Developed by independent North Carolina studio Fallen Earth LLC, Fallen Earth takes place in the Grand Canyon and combines both massively multiplayer and first-person shooter gameplay elements. When the developers were making the game, they had a small hope that they could get a Teen rating, said Hammock.

"We weren't sure what we were going to get because we don't have F-bombs every five seconds and there's no sex in the game," he said.

"We didn't want to have sex because, really, it's the apocalypse. Look at this dude -- he has open sores! There's no sexy there."

While there's no virtual copulation, *Fallen Earth *does have drugs, alcohol, strong language and violence, so a Teen rating might have been a stretch. But Hammock claimed that the biggest thing the ESRB noticed was the "amazing abundance" of cadavers in the game. It also didn't help that some of the quests in the game require... unusual tasks.

"We have a mission where you go cut this guy's face off and give it to somebody so he can make a boot out of it, because he wants to walk on the guy's face," said Hammock.

"There is no 'corpse count' that determines whether a game is assigned a Teen or Mature rating," said ESRB spokesperson Eliot Mizrachi in an email.
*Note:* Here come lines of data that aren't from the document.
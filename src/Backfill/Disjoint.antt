-- ===== src/Backfill/Disjoint.antt =====
-- The days of the windows that
-- chief-of-staff/backend/app/connectors/torqueai_backfill_control.py plans.
pub mod Ranges
pub mod Plans
use polaris_lab.Base.{
  not, ℕ, ◌+◌, ◌≤◌, ◌<◌, ◌&&◌, ◌||◌, leb, String, Bool, false, Option, none, some, List, [], ◌∷◌,
  ◌++◌, All, All-append, str_eq, ◌≡◌, refl, ◌⊎◌, inl, inr, Bool-cases, leb-false, arith,
}
use polaris_lab.Backfill.Control.{
  refuse_if-last, done, ◌>>◌, check_label, check_sha, refuse_if, >>=-eq-done, Done, reached,
  Done-at, refuse_if-Done, >>-Done, >>=-Done,
}
use polaris_lab.Backfill.Tables.{Status, Interval, Manifest, Window, Organization, Ledger}
use polaris_lab.Backfill.Reports.{Evidence}
use polaris_lab.Backfill.Plan.{
  validate_window, validate_windows, overlapping, sort_intervals, overlaps_window, any_planned,
  find_manifest, check_tenant, no_interval, is_active_tenant, new_windows, plan_or_replan,
  check_plan, plan, new_window,
}
use polaris_lab.Backfill.Moves.{Moves, stays, claims, finishes, approves, AllMove, IsNone}
use polaris_lab.Backfill.Steps.{Step, plans, begins, ends, grants, Runs, here, next}
use polaris_lab.Backfill.Moves.Calls.{MovesTo, begin-MovesTo, finish-MovesTo, approve-Moves}

-- At least one day and at most seven.
abbrev pub IsRange : Interval → Type 0
IsRange i = (i.date_from ≤ i.date_to) × (i.date_to < i.date_from + 7)

abbrev pub HasRange : Window → Type 0
HasRange w = IsRange w.interval

-- Two windows of a tenant have no day in common.
abbrev pub AreClear : Window → Window → Type 0
AreClear w v =
    (str_eq w.organization_id v.organization_id ≡ false)
    ⊎ (w.interval.date_to < v.interval.date_from)
    ⊎ (v.interval.date_to < w.interval.date_from)

abbrev pub AreDisjoint : List Window → Type 0
AreDisjoint [] = Unit
AreDisjoint (w ∷ windows) = All (AreClear w) windows × AreDisjoint windows

-- What moves leave alone.
abbrev IsSameDays : Window → Window → Type 0
IsSameDays w w' = (w'.interval ≡ w.interval) × (w'.organization_id ≡ w.organization_id)

Moves-IsSameDays : (w w' : Window) → Moves w w' → IsSameDays w w'
Moves-IsSameDays w w' (stays e) = rw e (refl, refl)
Moves-IsSameDays w w' (claims a now u l e) = rw e (refl, refl)
Moves-IsSameDays w w' (finishes a s c now v k l e) = rw e (refl, refl)
Moves-IsSameDays w w' (approves o now p e) = rw e (refl, refl)

AreClear-moved :
    (v v' w w' : Window) → IsSameDays v v' → IsSameDays w w' → AreClear v w → AreClear v' w'
AreClear-moved v v' w w' (vi, vo) (wi, wo) h = rw (vi, vo, wi, wo) h

All-moved :
    (v v' : Window) (windows windows' : List Window)
    → IsSameDays v v'
    → AllMove IsNone windows windows'
    → All (AreClear v) windows
    → All (AreClear v') windows'
All-moved v v' [] [] same m h = tt
All-moved v v' [] (w' ∷ windows') same m h = elim m [ ]
All-moved v v' (w ∷ windows) [] same m h = elim m [ ]
All-moved v v' (w ∷ windows) (w' ∷ windows') same (m, ms) (h, hs) = (
  AreClear-moved v v' w w' same (Moves-IsSameDays w w' m) h,
  All-moved v v' windows windows' same ms hs,
)

abbrev pub IsOrderly : List Window → Type 0
IsOrderly windows = AreDisjoint windows × All HasRange windows

pub moved-IsOrderly :
    (windows windows' : List Window)
    → AllMove IsNone windows windows'
    → IsOrderly windows
    → IsOrderly windows'
moved-IsOrderly [] [] m h = h
moved-IsOrderly [] (w' ∷ windows') m h = elim m [ ]
moved-IsOrderly (w ∷ windows) [] m h = elim m [ ]
moved-IsOrderly (w ∷ windows) (w' ∷ windows') (m, ms) ((clear, rest), (range, ranges)) =
    let same = Moves-IsSameDays w w' m in
    let below = moved-IsOrderly windows windows' ms (rest, ranges) in
    ((All-moved w w' windows windows' same ms clear, below.0), (rw same.0 range, below.1))

pub AreDisjoint-append :
    (xs ys : List Window)
    → AreDisjoint xs
    → AreDisjoint ys
    → All (λ x. All (AreClear x) ys) xs
    → AreDisjoint (xs ++ ys)
AreDisjoint-append [] ys h k c = k
AreDisjoint-append (x ∷ xs) ys (h, hs) k (c, cs) =
    (All-append (AreClear x) xs ys h c, AreDisjoint-append xs ys hs k cs)

validate_window-IsRange : (i : Interval) {u : Unit {0}} → validate_window i ≡ done u → IsRange i
unfolding validate_window
validate_window-IsRange i h = ground arith

pub validate_windows-AreRanges :
    (intervals : List Interval) {u : Unit {0}}
    → validate_windows intervals ≡ done u
    → All IsRange intervals
unfolding validate_windows
validate_windows-AreRanges [] h = tt
validate_windows-AreRanges (i ∷ intervals) h =
    let (u, first, rest) = >>=-eq-done (validate_window i) (λ u. validate_windows intervals) h in
    (validate_window-IsRange i first, validate_windows-AreRanges intervals rest)

pub rest_apart :
    (i : Interval) (intervals : List Interval)
    → overlapping (i ∷ intervals) ≡ false
    → overlapping intervals ≡ false
unfolding overlapping
rest_apart i [] h = refl
rest_apart i (j ∷ intervals) h = ground arith

begins_after :
    (i j : Interval) (intervals : List Interval)
    → overlapping (i ∷ j ∷ intervals) ≡ false
    → i.date_to < j.date_from
unfolding overlapping
begins_after i j intervals h = ground arith

weaken :
    (a b : ℕ) (intervals : List Interval)
    → a ≤ b
    → All (λ j. b < j.date_from) intervals
    → All (λ j. a < j.date_from) intervals
weaken a b [] le h = tt
weaken a b (j ∷ intervals) le (h, hs) = (omega (arith, h, le), weaken a b intervals le hs)

-- In an ordered list of ranges with no overlap, each ends before every later one begins.
pub later_begin :
    (i : Interval) (intervals : List Interval)
    → All IsRange intervals
    → overlapping (i ∷ intervals) ≡ false
    → All (λ j. i.date_to < j.date_from) intervals
unfolding overlapping
later_begin i [] r h = tt
later_begin i (j ∷ intervals) (r, rs) h =
    let before : i.date_to < j.date_from = begins_after i j intervals h in
    (
      before,
      weaken i.date_to j.date_to intervals (omega (arith, before, r.0))
          (later_begin j intervals rs (rest_apart i (j ∷ intervals) h)),
    )
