-- ===== src/Backfill/Disjoint/Ranges.antt =====
-- The windows of a new plan against each other and against what is planned,
-- chief-of-staff/backend/app/connectors/torqueai_backfill_control.py.
use polaris_lab.Base.{
  neither, ℕ, ◌+◌, ◌<◌, ◌&&◌, leb, String, false, List, [], ◌∷◌, All, str_eq, ◌≡◌, ◌⊎◌, inl, inr,
  Bool-cases, leb-false, arith,
}
use polaris_lab.Backfill.Tables.{Interval, Window, Organization}
use polaris_lab.Backfill.Plan.{overlapping, overlaps_window, any_planned, new_windows, new_window}
use polaris_lab.Backfill.Disjoint.{
  IsRange, HasRange, AreClear, AreDisjoint, rest_apart, later_begin,
}

module _ (organizations : List Organization) (uuid : ℕ → String) (organization_id : String) where
  pub new_windows-HasRange :
      (manifest_id : String) (drawn now : ℕ) (intervals : List Interval)
      → All IsRange intervals
      → All HasRange
          (new_windows organizations uuid organization_id manifest_id drawn now intervals)
  unfolding new_windows
  new_windows-HasRange manifest_id drawn now [] h = tt
  new_windows-HasRange manifest_id drawn now (i ∷ intervals) (h, hs) =
      (h, new_windows-HasRange manifest_id (drawn + 1) now intervals hs)

  new_windows-after :
      (w : Window) (manifest_id : String) (drawn now : ℕ) (intervals : List Interval)
      → All (λ j. w.interval.date_to < j.date_from) intervals
      → All
          (AreClear w)
          (new_windows organizations uuid organization_id manifest_id drawn now intervals)
  unfolding new_windows
  new_windows-after w manifest_id drawn now [] h = tt
  new_windows-after w manifest_id drawn now (i ∷ intervals) (h, hs) =
      (inr (inl h), new_windows-after w manifest_id (drawn + 1) now intervals hs)

  pub new_windows-AreDisjoint :
      (manifest_id : String) (drawn now : ℕ) (intervals : List Interval)
      → All IsRange intervals
      → overlapping intervals ≡ false
      → AreDisjoint (new_windows organizations uuid organization_id manifest_id drawn now intervals)
  unfolding new_windows
  new_windows-AreDisjoint manifest_id drawn now [] r h = tt
  new_windows-AreDisjoint manifest_id drawn now (i ∷ intervals) (r, rs) h = (
    new_windows-after (new_window organizations uuid organization_id manifest_id drawn now i)
        manifest_id (drawn + 1) now intervals (later_begin i intervals rs h),
    new_windows-AreDisjoint manifest_id (drawn + 1) now intervals rs (rest_apart i intervals h),
  )

  -- A window has no day of the interval, or it is another tenant's.
  abbrev pub IsClearOf : Window → Interval → Type 0
  IsClearOf w i =
      (str_eq w.organization_id organization_id ≡ false)
      ⊎ (w.interval.date_to < i.date_from)
      ⊎ (i.date_to < w.interval.date_from)

  one_clear :
      (w : Window) (i : Interval)
      → (str_eq w.organization_id organization_id
          && leb w.interval.date_from i.date_to
          && leb i.date_from w.interval.date_to)
        ≡ false
      → IsClearOf w i
  one_clear w i h = elim (Bool-cases (str_eq w.organization_id organization_id)) [
    | inr other ↦ inl other
    | inl own ↦ elim (Bool-cases (leb w.interval.date_from i.date_to)) [
      | inr after ↦ inr (inr (leb-false w.interval.date_from i.date_to after))
      | inl begun ↦ inr (inl (leb-false i.date_from w.interval.date_to (ground arith)))
    ]
  ]

  overlaps-clear :
      (i : Interval) (windows : List Window)
      → overlaps_window organization_id i windows ≡ false
      → All (λ w. IsClearOf w i) windows
  unfolding overlaps_window
  overlaps-clear i [] h = tt
  overlaps-clear i (w ∷ windows) h =
      let parts = neither _ (overlaps_window organization_id i windows) h in
      (one_clear w i parts.0, overlaps-clear i windows parts.1)

  zip_clear :
      (i : Interval) (intervals : List Interval) (windows : List Window)
      → All (λ w. IsClearOf w i) windows
      → All (λ w. All (IsClearOf w) intervals) windows
      → All (λ w. All (IsClearOf w) (i ∷ intervals)) windows
  zip_clear i intervals [] h k = tt
  zip_clear i intervals (w ∷ windows) (h, hs) (k, ks) =
      ((h, k), zip_clear i intervals windows hs ks)

  nothing_clear : (windows : List Window) → All (λ w. All (IsClearOf w) []) windows
  nothing_clear [] = tt
  nothing_clear (w ∷ windows) = (tt, nothing_clear windows)

  pub any_planned-clear :
      (intervals : List Interval) (windows : List Window)
      → any_planned organization_id intervals windows ≡ false
      → All (λ w. All (IsClearOf w) intervals) windows
  unfolding any_planned
  any_planned-clear [] windows h = nothing_clear windows
  any_planned-clear (i ∷ intervals) windows h =
      let parts = neither (overlaps_window organization_id i windows) _ h in
      zip_clear i intervals windows (overlaps-clear i windows parts.0)
        (any_planned-clear intervals windows parts.1)
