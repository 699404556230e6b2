-- ===== src/Backfill/Disjoint/Plans.antt =====
-- What `plan` of chief-of-staff/backend/app/connectors/torqueai_backfill_control.py adds has no day in common
-- with what is planned, and no other operation changes the days of a window.
use polaris_lab.Base.{
  not, ℕ, ◌+◌, String, Bool, false, Option, none, some, List, [], ◌∷◌, All, All-append, ◌≡◌,
}
use polaris_lab.Backfill.Control.{
  refuse_if-last, ◌>>◌, check_label, check_sha, refuse_if, Done, reached, Done-at, refuse_if-Done,
  >>-Done, >>=-Done,
}
use polaris_lab.Backfill.Tables.{Status, Interval, Manifest, Window, Organization, Ledger}
use polaris_lab.Backfill.Reports.{Evidence}
use polaris_lab.Backfill.Plan.{
  validate_windows, overlapping, sort_intervals, find_manifest, check_tenant, no_interval,
  is_active_tenant, new_windows, plan_or_replan, check_plan, plan,
}
use polaris_lab.Backfill.Moves.{AllMove, IsNone}
use polaris_lab.Backfill.Steps.{Step, plans, begins, ends, grants, Runs, here, next}
use polaris_lab.Backfill.Moves.Calls.{MovesTo, begin-MovesTo, finish-MovesTo, approve-Moves}
use polaris_lab.Backfill.Disjoint.{
  IsRange, HasRange, AreClear, IsOrderly, moved-IsOrderly, AreDisjoint-append,
  validate_windows-AreRanges,
}
use polaris_lab.Backfill.Disjoint.Ranges.{
  new_windows-HasRange, new_windows-AreDisjoint, IsClearOf, any_planned-clear,
}

module _ (organizations : List Organization) (uuid : ℕ → String) (organization_id : String) where
  one-AreClear :
      (w : Window) (manifest_id : String) (drawn now : ℕ) (intervals : List Interval)
      → All (IsClearOf organizations uuid organization_id w) intervals
      → All
          (AreClear w)
          (new_windows organizations uuid organization_id manifest_id drawn now intervals)
  unfolding new_windows
  one-AreClear w manifest_id drawn now [] h = tt
  one-AreClear w manifest_id drawn now (i ∷ intervals) (h, hs) =
      (h, one-AreClear w manifest_id (drawn + 1) now intervals hs)

  All-AreClear :
      (manifest_id : String) (drawn now : ℕ) (intervals : List Interval) (windows : List Window)
      → All (λ w. All (IsClearOf organizations uuid organization_id w) intervals) windows
      → All
          (λ w.
            All
              (AreClear w)
              (new_windows organizations uuid organization_id manifest_id drawn now intervals))
          windows
  All-AreClear manifest_id drawn now intervals [] h = tt
  All-AreClear manifest_id drawn now intervals (w ∷ windows) (h, hs) = (
    one-AreClear w manifest_id drawn now intervals h,
    All-AreClear manifest_id drawn now intervals windows hs,
  )

  abbrev OrderlyAfter : String × Ledger Evidence → Type 0
  OrderlyAfter (id, l') = IsOrderly l'.windows

  plan_or_replan-IsOrderly :
      (request_key operator code_sha : String) (intervals : List Interval) (now : ℕ)
      (l : Ledger Evidence) (previous : Option Manifest)
      → IsOrderly l.windows
      → All IsRange intervals
      → overlapping intervals ≡ false
      → Done OrderlyAfter (
          plan_or_replan organizations uuid organization_id request_key operator code_sha intervals
            now l previous)
  plan_or_replan-IsOrderly request_key operator code_sha intervals now l (some m) h r apart =
      refuse_if-Done OrderlyAfter _ _ _ λ same. reached h
  plan_or_replan-IsOrderly request_key operator code_sha intervals now l none h r apart =
      refuse_if-Done OrderlyAfter _ _ _ λ free. reached (
        AreDisjoint-append l.windows _ h.0
            (new_windows-AreDisjoint organizations uuid organization_id (uuid l.drawn) (l.drawn + 1)
              now intervals r apart)
            (All-AreClear (uuid l.drawn) (l.drawn + 1) now intervals l.windows
              (any_planned-clear organizations uuid organization_id intervals l.windows free)),
        All-append HasRange l.windows _ h.1 (
            new_windows-HasRange organizations uuid organization_id (uuid l.drawn) (l.drawn + 1) now
              intervals r),
      )

  abbrev pub AreApart : List Interval → Unit {0} → Type 0
  AreApart intervals u = All IsRange intervals × (overlapping intervals ≡ false)

  pub check_plan-AreApart :
      (request_key operator code_sha : String) (intervals : List Interval)
      → Done
          (AreApart intervals)
          (check_plan organizations uuid organization_id request_key operator code_sha intervals)
  check_plan-AreApart request_key operator code_sha intervals =
      let tenant = check_tenant organizations uuid organization_id in
      let apart_then =
        refuse_if (overlapping intervals) "Duplicate/overlapping provider intervals forbidden"
        >> tenant in
      let valid_then = validate_windows intervals >> apart_then in
      let some_then =
        refuse_if (no_interval intervals) "At least one window required" >> valid_then in
      >>-Done (AreApart intervals) (check_label request_key)
        (check_label operator >> (check_sha code_sha >> some_then))
        (>>-Done (AreApart intervals) (check_label operator) (check_sha code_sha >> some_then) (
          >>-Done (AreApart intervals) (check_sha code_sha) some_then (
            refuse_if-Done (AreApart intervals) (no_interval intervals)
              "At least one window required" valid_then
              λ some_window.
                >>=-Done (AreApart intervals) (validate_windows intervals) (λ u. apart_then)
                  λ u valid.
                    refuse_if-Done (AreApart intervals) (overlapping intervals)
                      "Duplicate/overlapping provider intervals forbidden" tenant
                      λ apart.
                        refuse_if-last (AreApart intervals)
                          (not (is_active_tenant organization_id organizations))
                          "Active MOR tenant required"
                          (λ active. (validate_windows-AreRanges intervals valid, apart)))))

  plan-IsOrderly :
      (request_key operator code_sha : String) (windows : List Interval) (now : ℕ)
      (l : Ledger Evidence)
      → IsOrderly l.windows
      → Done OrderlyAfter
          (plan organizations uuid organization_id request_key operator code_sha windows now l)
  unfolding plan
  plan-IsOrderly request_key operator code_sha windows now l h =
      let intervals = sort_intervals windows in
      >>=-Done OrderlyAfter
        (check_plan organizations uuid organization_id request_key operator code_sha intervals) _
        λ u checked.
          let apart =
            Done-at (AreApart intervals) _ checked
              (check_plan-AreApart request_key operator code_sha intervals) in
          plan_or_replan-IsOrderly request_key operator code_sha intervals now l
            (find_manifest organization_id request_key l.manifests) h apart.0 apart.1

module _ (organizations : List Organization) (uuid : ℕ → String)
    (fingerprint : Evidence → String) where
  Step-IsOrderly :
      (l l' : Ledger Evidence)
      → Step organizations uuid fingerprint l l'
      → IsOrderly l.windows
      → IsOrderly l'.windows
  Step-IsOrderly l l' (plans org key operator sha windows now id d) h =
      Done-at (OrderlyAfter organizations uuid org) _ d
        (plan-IsOrderly organizations uuid org key operator sha windows now l h)
  Step-IsOrderly l l' (begins org window_id key operator sha now result d) h =
      moved-IsOrderly l.windows l'.windows
        (Done-at (MovesTo organizations uuid fingerprint org IsNone (String × Bool) l) _ d
          (begin-MovesTo organizations uuid fingerprint org window_id key operator sha now l))
        h
  Step-IsOrderly l l' (ends org window_id attempt_id report checked_at now status d) h =
      moved-IsOrderly l.windows l'.windows
        (Done-at (MovesTo organizations uuid fingerprint org IsNone Status l) _ d (
          finish-MovesTo organizations uuid fingerprint org window_id attempt_id report checked_at
            now l))
        h
  Step-IsOrderly l l' (grants org window_id operator now d) h =
      moved-IsOrderly l.windows l'.windows
        (Done-at (λ l'. AllMove IsNone l.windows l'.windows) _ d
          (approve-Moves organizations uuid fingerprint org window_id operator now l))
        h

  -- Whatever operations are done, in whatever order and for whichever tenants: no two windows of a
  -- tenant have a day in common, and each window has at least one day and at most seven, if that held
  -- of the windows at first.
  pub Runs-IsOrderly :
      (l l' : Ledger Evidence)
      → Runs organizations uuid fingerprint l l'
      → IsOrderly l.windows
      → IsOrderly l'.windows
  Runs-IsOrderly l l' here h = h
  Runs-IsOrderly l l' (next {m} r s) h = Step-IsOrderly m l' s (Runs-IsOrderly l m r h)
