-- ===== src/Backfill/Quarantine.antt =====
-- The quarantine of chief-of-staff/backend/app/connectors/torqueai_backfill_control.py: what a conflict of
-- identities means for the later previews of its window.
pub mod Calls
use polaris_lab.Base.{
  change_first, ℕ, ◌&&◌, ◌||◌, not, String, Bool, true, false, Option, none, some, List, [], ◌∷◌,
  ◌++◌, str_eq, ◌≡◌, refl, inl, inr, Bool-cases,
}
use polaris_lab.Backfill.Control.{
  done, ◌>>◌, check_label, check_sha, refuse_if, Done, reached, refuse_if-Done, >>-Done, >>=-Done,
  found_or-Done,
}
use polaris_lab.Backfill.Tables.{
  Interval, Status, Manifest, Window, Identity, Organization, Attempt, Ledger, is_attempt,
  update_attempt,
}
use polaris_lab.Backfill.Reports.{Report, Evidence}
use polaris_lab.Backfill.Evidence.{preview_evidence}
use polaris_lab.Backfill.Plan.{sort_intervals, find_manifest, plan_or_replan, plan}
use polaris_lab.Backfill.Preview.{
  is_settled, is_live, is_claim_of, is_of_window, belongs, is_quarantined, expired, is_complete,
  the_window, expire_active, claimed_ledger, finished_ledger, new_attempt, claim_or_retry,
  attempt_by_key, begin_preview, new_identities, finished_attempt, verdict_of, finish_or_repeat,
  attempt_by_id, finish_preview, is_approved_by, approve_window, approve,
}

or_grows :
    (a b c d : Bool)
    → (a ≡ true → c ≡ true)
    → (b ≡ true → d ≡ true)
    → (a || b) ≡ true
    → (c || d) ≡ true
or_grows true b c d f g h = rw (f refl) refl
or_grows false b c d f g h = elim (Bool-cases c) [ inl e ↦ rw e refl | inr e ↦ rw (e, g h) refl ]

and_grows : (a b c d : Bool) → (c ≡ true → d ≡ true) → (a && b && c) ≡ true → (a && b && d) ≡ true
and_grows true true c d f h = f h
and_grows true false c d f h = cc
and_grows false b c d f h = cc

-- A change of an attempt that leaves its keys.
abbrev IsSameAttempt : Attempt Evidence → Attempt Evidence → Type 0
IsSameAttempt a b =
    (b.id ≡ a.id) × (b.organization_id ≡ a.organization_id) × (b.window_id ≡ a.window_id)

module _ (organization_id window_id : String) where
  pub belongs-append :
      (id : String) (attempts added : List (Attempt Evidence))
      → belongs organization_id window_id id attempts ≡ true
      → belongs organization_id window_id id (attempts ++ added) ≡ true
  belongs-append id [] added h = cc
  belongs-append id (a ∷ attempts) added h =
      or_grows (is_of_window organization_id window_id a && str_eq a.id id)
        (belongs organization_id window_id id attempts)
        (is_of_window organization_id window_id a && str_eq a.id id)
        (belongs organization_id window_id id (attempts ++ added)) (λ e. e)
        (belongs-append id attempts added) h

  pub belongs-update :
      (id tenant changed : String) (change : Attempt Evidence → Attempt Evidence)
      → ((a : Attempt Evidence) → IsSameAttempt a (change a))
      → (attempts : List (Attempt Evidence))
      → belongs organization_id window_id id (update_attempt tenant changed change attempts)
        ≡ belongs organization_id window_id id attempts
  unfolding change_first
  belongs-update id tenant changed change same [] = refl
  belongs-update id tenant changed change same (a ∷ attempts) =
      elim (Bool-cases (is_attempt tenant changed a)) [
        | inl e ↦ rw (e, (same a).0, (same a).1, (same a).2) refl
        | inr e ↦ rw (e, belongs-update id tenant changed change same attempts) refl
      ]

  pub is_quarantined-Belong :
      (identities : List Identity) (attempts attempts' : List (Attempt Evidence))
      → ((id : String)
          → belongs organization_id window_id id attempts ≡ true
          → belongs organization_id window_id id attempts' ≡ true)
      → is_quarantined organization_id window_id identities attempts ≡ true
      → is_quarantined organization_id window_id identities attempts' ≡ true
  is_quarantined-Belong [] attempts attempts' more h = cc
  is_quarantined-Belong (i ∷ identities) attempts attempts' more h =
      or_grows
        (i.quarantined
          && str_eq i.organization_id organization_id
          && belongs organization_id window_id i.attempt_id attempts)
        (is_quarantined organization_id window_id identities attempts)
        (i.quarantined
          && str_eq i.organization_id organization_id
          && belongs organization_id window_id i.attempt_id attempts')
        (is_quarantined organization_id window_id identities attempts')
        (and_grows i.quarantined (str_eq i.organization_id organization_id)
          (belongs organization_id window_id i.attempt_id attempts)
          (belongs organization_id window_id i.attempt_id attempts') (more i.attempt_id))
        (is_quarantined-Belong identities attempts attempts' more) h

  pub is_quarantined-append :
      (identities added : List Identity) (attempts : List (Attempt Evidence))
      → is_quarantined organization_id window_id identities attempts ≡ true
      → is_quarantined organization_id window_id (identities ++ added) attempts ≡ true
  is_quarantined-append [] added attempts h = cc
  is_quarantined-append (i ∷ identities) added attempts h =
      or_grows
        (i.quarantined
          && str_eq i.organization_id organization_id
          && belongs organization_id window_id i.attempt_id attempts)
        (is_quarantined organization_id window_id identities attempts)
        (i.quarantined
          && str_eq i.organization_id organization_id
          && belongs organization_id window_id i.attempt_id attempts)
        (is_quarantined organization_id window_id (identities ++ added) attempts) (λ e. e)
        (is_quarantined-append identities added attempts) h

-- The quarantine of a window, in a ledger and after a call.
abbrev pub HasQuarantine : String → String → Ledger Evidence → Type 0
HasQuarantine organization_id window_id l =
    is_quarantined organization_id window_id l.identities l.attempts ≡ true

abbrev pub QuarantineAfter : String → String → (R : Type 0) → R × Ledger Evidence → Type 0
QuarantineAfter organization_id window_id R (r, l) = HasQuarantine organization_id window_id l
"Generally speaking, there's no way to say in absolute terms that X instances of Y content will result in Z rating. Ratings are not formulaic or quantitative; they're inherently subjective. Elements like context, realism, intensity, reward system and the degree of player control are among many factors that our raters take into account," he said.

Fallen Earth LLC said that it was not aiming for a specific rating. "We just wrote the game that we wanted to make," said Hammock. "And we don't have violence for the sake of violence."

He also noted that developers whose games are given a Mature rating often consider altering the game to get a Teen instead, because T-rated games can have much higher sales. "A lot of places just won't stock your game if it's Mature," he said.

If Fallen Earth had decided to change its game for a rating that would allow it to be sold in more stores, it wouldn't be the first time. In 2007, Take-Two Interactive released a cut-down Manhunt 2 with a Mature rating after it was branded "Adults Only" by the ESRB for its violence.

The silver lining to running into ratings issues with the ESRB is that marketers can make hay with the controversy. It was Take-Two that went public with the Manhunt story, generating lots of discussion over the game. Ditto Fallen Earth LLC, with its lurid stories of corpse-piles.

In the end, the creators of Fallen Earth decided to keep the cadavers and accept the possibility that younger gamers won't be allowed to play in their body-riddled wasteland. "What it would take us to get to 'Teen' would change the game to something we didn't want it to be," Hammock said. "When I say it like that it sounds like we have amazing artistic integrity, but it's true."